Dataset records:
++++++++
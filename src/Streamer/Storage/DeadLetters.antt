-- ===== src/Streamer/Storage/DeadLetters.antt =====
-- What the object of malformed messages holds: nothing of a message is lost.
use fps_anticheat_data_platf.Prelude.{
  ℕ, ◌≡◌, ◌⊎◌, inl, inr, refl, String, Option, some, List, [], ◌∷◌, ◌++◌, map, Option-cases,
}
use fps_anticheat_data_platf.Prelude.Int.{ℤ}
use fps_anticheat_data_platf.Prelude.Result.{Result, ok, Result-cases}
use fps_anticheat_data_platf.Streamer.Domain.{InvalidKafkaMessage}
use fps_anticheat_data_platf.Streamer.Action.{put, World, call}
use fps_anticheat_data_platf.Streamer.Storage.Downloads.{ObjectStore, download_object_bytes}
use fps_anticheat_data_platf.Streamer.Storage.Consistent.{IsConsistent, held-put}
use fps_anticheat_data_platf.Streamer.Storage.Objects.{
  MalformedKafkaDlqRecord, malformed_record, upload_malformed_messages,
}

-- what tells a message: its topic, partition, offset, payload and the reason of its refusal
abbrev pub Letter : Type 0
Letter = String × ℤ × ℤ × String × Option (List ℕ)

abbrev pub letter_of : InvalidKafkaMessage → Letter
letter_of m = (m.topic, m.partition, m.offset, m.error_reason, some m.raw_payload)

abbrev pub read_letter : (String → Option (List ℕ)) → MalformedKafkaDlqRecord → Letter
read_letter decode r = (r.topic, r.partition, r.offset, r.error_reason, decode r.payload_base64)

module _ (store : ObjectStore) (base64 sha256 : List ℕ → String) (decode : String → Option (List ℕ))
    (to_json : List MalformedKafkaDlqRecord → Result String (List ℕ))
    (from_json : List ℕ → Result String (List MalformedKafkaDlqRecord)) where
  -- the libraries read what they write for the messages
  pub record AreCodecs (messages : List InvalidKafkaMessage) : Type 0 where
    pub payload : (bytes : List ℕ) → decode (base64 bytes) ≡ some bytes
    pub json :
        (bytes : List ℕ)
        → to_json (map (malformed_record base64 sha256) messages) ≡ ok bytes
        → from_json bytes ≡ ok (map (malformed_record base64 sha256) messages)

  read_letters :
      ((bytes : List ℕ) → decode (base64 bytes) ≡ some bytes)
      → (messages : List InvalidKafkaMessage)
      → map (read_letter decode) (map (malformed_record base64 sha256) messages)
        ≡ map letter_of messages
  unfolding malformed_record
  read_letters c [] = refl
  read_letters c (m ∷ messages) = rw (c, read_letters c messages) refl

  -- the object under the path can be read, and what it holds reads as the messages
  pub record IsKept (path : String) (messages : List InvalidKafkaMessage) (w w' : World)
      : Type 0 where
    pub bytes : List ℕ
    pub records : List MalformedKafkaDlqRecord
    pub written : w'.log ≡ w.log ++ put path bytes ∷ []
    pub downloads : download_object_bytes store w'.log path ≡ ok bytes
    pub parses : from_json bytes ≡ ok records
    pub letters : map (read_letter decode) records ≡ map letter_of messages
    pub checksums :
        map (λ (r : MalformedKafkaDlqRecord). r.payload_sha256) records
        ≡ map (λ (m : InvalidKafkaMessage). sha256 m.raw_payload) messages

  checksums_of :
      (messages : List InvalidKafkaMessage)
      → map
          (λ (r : MalformedKafkaDlqRecord). r.payload_sha256)
          (map (malformed_record base64 sha256) messages)
        ≡ map (λ (m : InvalidKafkaMessage). sha256 m.raw_payload) messages
  unfolding malformed_record
  checksums_of [] = refl
  checksums_of (m ∷ messages) = rw (checksums_of messages) refl

  -- With a store in which an object can be read once it is put, and with Base64 and JSON libraries
  -- that read what they write for the messages: if the malformed messages are uploaded without an error, either there
  -- is none and nothing is done, or one object is put, and what can be read under its path afterwards
  -- is, message by message in order, the topic, the partition, the offset, the reason, the exact
  -- payload and its checksum.
  pub upload_malformed_messages-reads :
      (path : String) (messages : List InvalidKafkaMessage) (w w' : World)
      → IsConsistent store
      → AreCodecs messages
      → upload_malformed_messages store base64 sha256 to_json path messages w ≡ (ok tt, w')
      → ((messages ≡ []) × (w' ≡ w)) ⊎ IsKept path messages w w'
  unfolding upload_malformed_messages call download_object_bytes
  upload_malformed_messages-reads path [] w w' k c h = inl (refl, cc h)
  upload_malformed_messages-reads path (m ∷ messages) w w' k c h =
      let records = map (malformed_record base64 sha256) (m ∷ messages) in
      elim (Result-cases (to_json records)) [
        | inr (e, j) ↦ absurd (cc (rw j at h))
        | inl (bytes, j) ↦ elim (Option-cases (store.put_fault w.log)) [
          | inr (e, f) ↦ absurd (cc (rw (j, f) at h))
          | inl f ↦
              let grows : w'.log ≡ w.log ++ put path bytes ∷ [] = cc (rw (j, f) at h) in
              inr (record {
                bytes = bytes;
                records = records;
                written = grows;
                downloads =
                    rw
                      (
                        grows,
                        k.reads (w.log ++ put path bytes ∷ []) path bytes
                            (held-put path w.log bytes),
                      )
                      refl;
                parses = c.json bytes j;
                letters = read_letters c.payload (m ∷ messages);
                checksums = checksums_of (m ∷ messages);
              })
        ]
      ]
++++++++
◆ **TASK GOAL**: From the line containing "bytes = bytes;" through the last line of the entries above, print each line exactly as it stands.

◆ **SOLUTION FOR THIS EXERCISE**:
                bytes = bytes;
                records = records;
                written = grows;
                downloads =
                    rw
                      (
                        grows,
                        k.reads (w.log ++ put path bytes ∷ []) path bytes
                            (held-put path w.log bytes),
                      )
                      refl;
                parses = c.json bytes j;
                letters = read_letters c.payload (m ∷ messages);
                checksums = checksums_of (m ∷ messages);
              })
        ]
      ]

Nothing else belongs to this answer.